Extract coverage for each track over each set of features

CE <- CoverageExperiment(tracks, features, width = 5000, ignore.strand = FALSE) 

Plot tracks coverage aggregated over genomic features

CE |> 
    filter(track %in% c('MNase', 'PolII')) |> 
    filter(features == 'TSSs') |> 
    aggregate() |> 
    ggplot() + 
    geom_aggrcoverage(aes(col = track)) + 
    facet_grid(track ~ ., scales = "free") + 
    labs(x = 'Distance from TSS', y = 'Signal coverage')
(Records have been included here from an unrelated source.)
-- ===== src/Malloc/Take.antt =====
-- take_whole makes a free block an allocated one.
use cmpsc_473_operating_syst.Common.{
  ℕ, ◌+◌, ◌*◌, ◌/◌, ◌%◌, ◌^◌, ◌≤◌, ◌<◌, ◌≡◌, refl, ap, sym, ◌∙◌, inl, inr, arith, Bool, true, false,
  List, [], ◌∷◌, ◌++◌, length,
}
use mathlib.Core.Path.{subst}
use cmpsc_473_operating_syst.Memlib.{MemLib}
use cmpsc_473_operating_syst.Malloc.{
  Mm, load, put, has_2, with_1, toggle_2, remove_from_free_list, take_whole,
}
use cmpsc_473_operating_syst.Malloc.FreeList.{Placed, load-put, load-put_ne}
use cmpsc_473_operating_syst.Malloc.Blocks.{
  vacant, used, Row, row_end, row_end-le, row_end-append, last_used, vacancies, flag, Sized,
}
use cmpsc_473_operating_syst.Malloc.Vacancies.{In, Same, In-split, In-append, vacancies_within}
use cmpsc_473_operating_syst.Malloc.Members.{NotIn, Placed-around}
use cmpsc_473_operating_syst.Malloc.Around.{Runs, Runs-append, has_2-flag, toggle_2_clear}
use cmpsc_473_operating_syst.Malloc.Invariant.{IsHeap, Fits, Shape, Shape-put, Shape-flag, Beside}
use cmpsc_473_operating_syst.Malloc.Relink.{Shape-remove, load-remove}
use cmpsc_473_operating_syst.Malloc.Vacant.{HasVacant, IsHeap-HasVacant, Same-taken, length-taken}

-- A header written, and again with its mark.
abbrev marked : ℕ → ℕ → Bool → Mm → Mm
marked b n true s = put (put s b n) b (n + 2)
marked b n false s = put s b n

load-marked : (s : Mm) (b n : ℕ) (u : Bool) → n + 2 < 2 ^ 64 → load (marked b n u s) b ≡ n + flag u
load-marked s b n true small = load-put (put s b n) b (n + 2) small
load-marked s b n false small = load-put s b n (omega arith) ∙ omega arith

take_whole-marked :
    (s : Mm) (b k : ℕ) (u : Bool)
    → load s b ≡ k + flag u
    → k % 16 ≡ 0
    → k + 3 < 2 ^ 64
    → let s2 = marked b (k + 1) u s in
      take_whole b k s
      ≡ (b + 8, remove_from_free_list b (put s2 (b + k) (toggle_2 (load s2 (b + k)))))
unfolding take_whole
take_whole-marked s b k true header sized small =
    let one : with_1 k ≡ k + 1 = ground arith in
    let there : load (put s b (k + 1)) b ≡ k + 1 = load-put s b (k + 1) (omega arith) in
    let mark : has_2 (k + flag true) ≡ true = has_2-flag k true (omega arith) in
    let toggled : toggle_2 (k + 1) ≡ k + 1 + 2 = toggle_2_clear (k + 1) (omega arith) in
    let at : 8 * (k / 8) ≡ k = omega arith in simp (header, one, mark, there, toggled, at)
take_whole-marked s b k false header sized small =
    let one : with_1 k ≡ k + 1 = ground arith in
    let mark : has_2 (k + flag false) ≡ false = has_2-flag k false (omega arith) in
    let at : 8 * (k / 8) ≡ k = omega arith in simp (header, one, mark, at)

-- No other free block stands at the address of one.
pub NotIn-around :
    (s : Mm) (ls : Row) (k : ℕ) (rs : Row) (xs : List ℕ) (u : Bool)
    → let b = row_end (s.lib.heap + 8) ls in
      32 ≤ k
      → Shape s.lib ls rs (b + k) xs u s
      → NotIn b (vacancies (s.lib.heap + 8) ls ++ vacancies (b + k) rs)
NotIn-around s ls k rs xs u large ((same, left, right), linked) i =
    let a = s.lib.heap + 8 in
    let b = row_end a ls in
    elim (In-append b (vacancies a ls) (vacancies (b + k) rs) i) [
      | inl l ↦ absurd (omega (arith, vacancies_within s.mem true a b ls left l))
      | inr r ↦ absurd (omega (arith, vacancies_within s.mem u (b + k) b rs right.0 r))
    ]

-- An allocated block in the middle of the heap.
pub IsHeap-used :
    (s : Mm) (lib : MemLib) (ls : Row) (k : ℕ) (rs : Row) (xs : List ℕ)
    → let b = row_end (lib.heap + 8) ls in
      let c = λ (i : ℕ). s.mem (b + 8 + i) in
      let bs = ls ++ used k c ∷ rs in
      Sized k
      → Fits lib bs
      → Shape lib ls rs (b + k) xs true s
      → load s b ≡ k + 1 + flag (last_used true ls)
      → Placed xs
      → Same xs (vacancies (lib.heap + 8) bs)
      → length xs ≡ length (vacancies (lib.heap + 8) bs)
      → IsHeap s bs xs
IsHeap-used s lib ls k rs xs sized fits ((same_lib, left, right), linked) header placed same
      counted =
    let b = row_end (lib.heap + 8) ls in
    let bs = ls ++ used k (λ (i : ℕ). s.mem (b + 8 + i)) ∷ rs in
    record {
      fits = subst (λ l. Fits l bs) (sym same_lib) fits;
      runs =
          subst (λ l. Runs s.mem true (l.heap + 8) bs) (sym same_lib)
            (Runs-append s.mem true (lib.heap + 8) ls (used k (λ (i : ℕ). s.mem (b + 8 + i)) ∷ rs)
              left (((sized, header, λ i small. refl), right.0), right.1));
      linked = linked;
      placed = placed;
      same = subst (λ l. Same xs (vacancies (l.heap + 8) bs)) (sym same_lib) same;
      counted = subst (λ l. length xs ≡ length (vacancies (l.heap + 8) bs)) (sym same_lib) counted;
    }

Shape-marked :
    (lib : MemLib) (ls rs : Row) (hi : ℕ) (xs : List ℕ) (u v : Bool) (s : Mm) (n : ℕ)
    → let b = row_end (lib.heap + 8) ls in
      Beside b hi xs
      → b + 24 ≤ hi
      → Shape lib ls rs hi xs v s
      → Shape lib ls rs hi xs v (marked b n u s)
Shape-marked lib ls rs hi xs true v s n beside room shape =
    let b = row_end (lib.heap + 8) ls in
    Shape-put lib ls rs hi xs beside v (put s b n) b (n + 2) (room, inl refl) (omega arith)
      (Shape-put lib ls rs hi xs beside v s b n (room, inl refl) (omega arith) shape)
Shape-marked lib ls rs hi xs false v s n beside room shape =
    let b = row_end (lib.heap + 8) ls in
    Shape-put lib ls rs hi xs beside v s b n (room, inl refl) (omega arith) shape

-- The headers of the block and of the one behind it: what they hold, and what stays.
take_headers :
    (s : Mm) (ls : Row) (k : ℕ) (rs : Row) (xs : List ℕ)
    → let b = row_end (s.lib.heap + 8) ls in
      HasVacant s ls k rs xs b
      → (s3 : Mm) × ((take_whole b k s ≡ (b + 8, remove_from_free_list b s3))
          × (load s3 b ≡ k + 1 + flag (last_used true ls))
          × Shape s.lib ls rs (b + k) xs true s3)
take_headers s ls k rs xs h =
    let b = row_end (s.lib.heap + 8) ls in
    let u = last_used true ls in
    let s2 = marked b (k + 1) u s in
    let large : 32 ≤ k = h.sized.0 in
    let fits = h.behind in
    let small : k + 3 < 2 ^ 64 = omega (arith, row_end-le (b + k) rs, h.before) in
    let (w, (word, mark, within, shaped)) =
      Shape-flag s.lib ls rs (b + k) xs h.beside false s2 (omega arith) (omega arith)
        (Shape-marked s.lib ls rs (b + k) xs u false s (k + 1) h.beside (omega arith) h.shape) in
    let word' : toggle_2 (load s2 (b + k)) ≡ w + 2 =
      ap toggle_2 (word ∙ (omega arith)) ∙ toggle_2_clear w mark in
    (
      put s2 (b + k) (w + 2),
      (
        take_whole-marked s b k u h.header h.sized.1 small
            ∙ ap (λ t. (b + 8, remove_from_free_list b (put s2 (b + k) t))) word',
        load-put_ne s2 (b + k) (w + 2) b (inl (omega arith))
            ∙ load-marked s b (k + 1) u (omega arith),
        shaped true,
      ),
    )

-- The list without the block.
take_unlinked :
    (s s3 : Mm) (ls : Row) (k : ℕ) (rs : Row) (ys zs : List ℕ)
    → let b = row_end (s.lib.heap + 8) ls in
      HasVacant s ls k rs (ys ++ b ∷ zs) b
      → Placed (ys ++ b ∷ zs)
      → load s3 b ≡ k + 1 + flag (last_used true ls)
      → Shape s.lib ls rs (b + k) (ys ++ b ∷ zs) true s3
      → let s' = remove_from_free_list b s3 in
        (load s' b ≡ k + 1 + flag (last_used true ls))
        × Shape s.lib ls rs (b + k) (ys ++ zs) true s'
take_unlinked s s3 ls k rs ys zs h placed header shape =
    let b = row_end (s.lib.heap + 8) ls in
    (
      load-remove s3 b b ys zs shape.1 placed (λ x i. let o = h.beside x i in ground arith)
          ∙ header,
      Shape-remove s.lib ls rs (b + k) (omega arith) true s3 b ys zs placed h.linkable shape,
    )

row_end-used :
    (a : ℕ) (ls : Row) (k : ℕ) (c : ℕ → ℕ) (rs : Row)
    → row_end a (ls ++ used k c ∷ rs) ≡ row_end a (ls ++ vacant k ∷ rs)
row_end-used a ls k c rs =
    row_end-append a ls (used k c ∷ rs) ∙ sym (row_end-append a ls (vacant k ∷ rs))

In-vacancies :
    (a : ℕ) (ls : Row) (k : ℕ) (rs : Row) → In (row_end a ls) (vacancies a (ls ++ vacant k ∷ rs))
In-vacancies a [] k rs = inl refl
In-vacancies a (vacant j ∷ ls) k rs = inr (In-vacancies (a + j) ls k rs)
In-vacancies a (used j c ∷ ls) k rs = In-vacancies (a + j) ls k rs

pub take_whole-IsHeap :
    (s : Mm) (ls : Row) (k : ℕ) (rs : Row) (xs : List ℕ)
    → IsHeap s (ls ++ vacant k ∷ rs) xs
    → let b = row_end (s.lib.heap + 8) ls in
      (s' : Mm) × (c : ℕ → ℕ) × (xs' : List ℕ) × ((take_whole b k s ≡ (b + 8, s'))
        × (s'.lib ≡ s.lib)
        × IsHeap s' (ls ++ used k c ∷ rs) xs')
take_whole-IsHeap s ls k rs xs h =
    let a = s.lib.heap + 8 in
    let b = row_end a ls in
    let member = (h.same b).1 (In-vacancies a ls k rs) in
    let (ys, zs, e) = In-split b xs member in
    let h' : IsHeap s (ls ++ vacant k ∷ rs) (ys ++ b ∷ zs) =
      subst (IsHeap s (ls ++ vacant k ∷ rs)) e h in
    let v = IsHeap-HasVacant s ls k rs (ys ++ b ∷ zs) h' in
    let (s3, (taken, header, shape)) = take_headers s ls k rs (ys ++ b ∷ zs) v in
    let (header', shape') = take_unlinked s s3 ls k rs ys zs v h'.placed header shape in
    let s' = remove_from_free_list b s3 in
    let c = λ (i : ℕ). s'.mem (b + 8 + i) in
    let out = NotIn-around s ls k rs (ys ++ b ∷ zs) false v.sized.0 v.shape in
    let (low, align, end, most, limit) = h'.fits in
    (
      s',
      c,
      ys ++ zs,
      (
        taken,
        shape'.0.0,
        IsHeap-used s' s.lib ls k rs (ys ++ zs) v.sized
            (low, align, ap (λ t. t + 8) (row_end-used a ls k c rs) ∙ end, most, limit) shape'
            header' (Placed-around b ys zs h'.placed)
            (Same-taken s.lib ls k rs c b refl ys zs h'.placed out h'.same)
            (length-taken s.lib ls k rs c b refl ys zs h'.counted),
      ),
    )
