-- ===== src/Malloc/Carve.antt =====
-- split cuts an allocated block off the end of a free one.
use cmpsc_473_operating_syst.Common.{
  ℕ, ◌+◌, ◌-◌, ◌*◌, ◌/◌, ◌%◌, ◌≤◌, ◌<◌, ◌≡◌, refl, ap, sym, ◌∙◌, inl, inr, arith, Bool, true, false,
  List, ◌∷◌, ◌++◌, length,
}
use mathlib.Core.Path.{subst}
use cmpsc_473_operating_syst.Malloc.{Mm, load, put, with_1, toggle_2, keep_2, split}
use cmpsc_473_operating_syst.Malloc.FreeList.{load-put, load-put_ne}
use cmpsc_473_operating_syst.Malloc.Blocks.{
  vacant, used, Row, row_end, row_end-le, row_end-append, last_used, vacancies, vacancies-append,
  flag, Sized,
}
use cmpsc_473_operating_syst.Malloc.Vacancies.{Same}
use cmpsc_473_operating_syst.Malloc.Around.{Runs, Runs-append, keep_2-flag, toggle_2_clear}
use cmpsc_473_operating_syst.Malloc.Invariant.{IsHeap, Shape, Shape-put, Shape-flag}
use cmpsc_473_operating_syst.Malloc.Vacant.{HasVacant, IsHeap-HasVacant}

-- The first three writes of `split`, where `e` bytes stay free.
abbrev carved : ℕ → ℕ → ℕ → Bool → Mm → Mm
carved b e r u s = put (put (put s b (e + flag u)) (b + e - 8) e) (b + e) (r + 1)

split-carved :
    (s : Mm) (b k r : ℕ) (u : Bool)
    → load s b ≡ k + flag u
    → k % 16 ≡ 0
    → r % 16 ≡ 0
    → r < k
    → let s3 = carved b (k - r) r u s in
      split b k r s ≡ (b + (k - r) + 8, put s3 (b + k) (toggle_2 (load s3 (b + k))))
unfolding split
split-carved s b k r u header sized sized' less =
    let kept : keep_2 (k + flag u) (k - r) ≡ k - r + flag u =
      keep_2-flag k (k - r) u (omega arith) (omega arith) in
    let one : with_1 r ≡ r + 1 = ground arith in
    let at : 8 * (k / 8) ≡ k = omega arith in
    let at' : 8 * ((k - r) / 8) ≡ k - r = omega arith in simp (header, kept, one, at, at')

module _ (s : Mm) (ls : Row) (k r : ℕ) (rs : Row) (xs : List ℕ) (sized : Sized r)
    (room : r + 32 < k) where
  abbrev a : ℕ
  a = s.lib.heap + 8

  abbrev b : ℕ
  b = row_end a ls

  abbrev u : Bool
  u = last_used true ls

  abbrev e : ℕ
  e = k - r

  carved-Shape : HasVacant s ls k rs xs b → Shape s.lib ls rs (b + k) xs false (carved b e r u s)
  carved-Shape h =
      let put_shape = Shape-put s.lib ls rs (b + k) xs h.beside false in
      put_shape _ (b + e) (r + 1) (omega arith, inr (omega arith, omega arith)) (omega arith)
        (put_shape _ (b + e - 8) e (omega arith, inr (omega arith, omega arith)) (omega arith)
          (put_shape s b (e + flag u) (omega arith, inl refl) (omega arith) h.shape))

  flag-le : (v : Bool) → flag v ≤ 2
  flag-le true = omega arith
  flag-le false = omega arith

  -- The words of the two blocks.
  carved_words :
      HasVacant s ls k rs xs b
      → let s3 = carved b e r u s in
        (load s3 b ≡ e + flag u) × (load s3 (b + e - 8) ≡ e) × (load s3 (b + e) ≡ r + 1)
  carved_words h =
      let s1 = put s b (e + flag u) in
      let s2 = put s1 (b + e - 8) e in
      let far = row_end-le (b + k) rs in
      let fits = h.behind in
      (
        load-put_ne s2 (b + e) (r + 1) b (inl (omega arith))
            ∙ load-put_ne s1 (b + e - 8) e b (inl (omega arith))
            ∙ load-put s b (e + flag u) (omega (arith, flag-le u)),
        load-put_ne s2 (b + e) (r + 1) (b + e - 8) (inl (omega arith))
            ∙ load-put s1 (b + e - 8) e (omega arith),
        load-put s2 (b + e) (r + 1) (omega arith),
      )

  split-row_end :
      (c : ℕ → ℕ) → row_end a (ls ++ vacant e ∷ used r c ∷ rs) ≡ row_end a (ls ++ vacant k ∷ rs)
  split-row_end c =
      let joined : b + e + r ≡ b + k = omega arith in
      row_end-append a ls (vacant e ∷ used r c ∷ rs)
      ∙ ap (λ t. row_end t rs) joined
      ∙ sym (row_end-append a ls (vacant k ∷ rs))

  split-vacancies :
      (c : ℕ → ℕ) → vacancies a (ls ++ vacant e ∷ used r c ∷ rs) ≡ vacancies a (ls ++ vacant k ∷ rs)
  split-vacancies c =
      let joined : b + e + r ≡ b + k = omega arith in
      vacancies-append a ls (vacant e ∷ used r c ∷ rs)
      ∙ ap (λ t. vacancies a ls ++ b ∷ vacancies t rs) joined
      ∙ sym (vacancies-append a ls (vacant k ∷ rs))

  split-Runs :
      (s' : Mm)
      → Sized e
      → Shape s.lib ls rs (b + k) xs true s'
      → load s' b ≡ e + flag u
      → load s' (b + e - 8) ≡ e
      → load s' (b + e) ≡ r + 1
      → Runs s'.mem true a (ls ++ vacant e ∷ used r (λ (i : ℕ). s'.mem (b + e + 8 + i)) ∷ rs)
  split-Runs s' sized_e ((same, left, right), linked) header footer header' =
      let joined : b + k ≡ b + e + r = omega arith in
      let (right', last) = subst (λ t. Runs s'.mem true t rs) joined right in
      Runs-append s'.mem true a ls (vacant e ∷ used r (λ (i : ℕ). s'.mem (b + e + 8 + i)) ∷ rs) left
        (
          ((sized_e, header, footer), ((sized, header' ∙ omega arith, λ i small. refl), right')),
          last,
        )

  pub split-IsHeap :
      IsHeap s (ls ++ vacant k ∷ rs) xs
      → (s' : Mm) × (c : ℕ → ℕ) × ((split b k r s ≡ (b + e + 8, s'))
          × (s'.lib ≡ s.lib)
          × IsHeap s' (ls ++ vacant e ∷ used r c ∷ rs) xs)
  split-IsHeap h =
      let v = IsHeap-HasVacant s ls k rs xs h in
      let s3 = carved b e r u s in
      let (word_b, word_foot, word_r) = carved_words v in
      let (w, (word, mark, within, shaped)) =
        Shape-flag s.lib ls rs (b + k) xs v.beside false s3 (omega arith)
          (let f = v.behind in omega arith) (carved-Shape v) in
      let word' : toggle_2 (load s3 (b + k)) ≡ w + 2 =
        ap toggle_2 (word ∙ (omega arith)) ∙ toggle_2_clear w mark in
      let s' = put s3 (b + k) (w + 2) in
      let c = λ (i : ℕ). s'.mem (b + e + 8 + i) in
      let shape' = shaped true in
      let (low, align, end, most, limit) = h.fits in
      let kept = λ (x v : ℕ) (below : x + 8 ≤ b + k) (q : load s3 x ≡ v).
        load-put_ne s3 (b + k) (w + 2) x (inl below) ∙ q in
      (
        s',
        c,
        (
          split-carved s b k r u v.header v.sized.1 sized.1 (omega arith)
              ∙ ap (λ t. (b + e + 8, put s3 (b + k) t)) word',
          shape'.0.0,
          record {
            fits = (low, align, ap (λ t. t + 8) (split-row_end c) ∙ end, most, limit);
            runs =
                split-Runs s' (let z = v.sized in (omega arith, omega arith)) shape'
                  (kept b (e + flag u) (omega arith) word_b)
                  (kept (b + e - 8) e (omega arith) word_foot)
                  (kept (b + e) (r + 1) (omega arith) word_r);
            linked = shape'.1;
            placed = h.placed;
            same = subst (Same xs) (sym (split-vacancies c)) h.same;
            counted = h.counted ∙ ap length (sym (split-vacancies c));
          },
        ),
      )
Plot coverage over a single locus

CoverageExperiment(tracks, GRanges("II:450001-455000")) |> 
    expand() |> 
    ggplot() + 
    geom_coverage(aes(fill = track)) + 
    facet_grid(track~., scales = 'free')

A number of CRAN, Bioconductor or GitHub packages already exist to enable genomic track data visualization, for instance:

Compared to these existing solutions, tidyCoverage directly extends SummarizedExperiment infrastructure and follows tidy “omics” principles. It does not directly provide plotting functionalities, but instead focuses on data recovery, structure and coercion, using a familiar grammar and standard representation of the data. This ensures seamless integration of genomic track investigation in exisiting Bioconductor and data analysis workflows.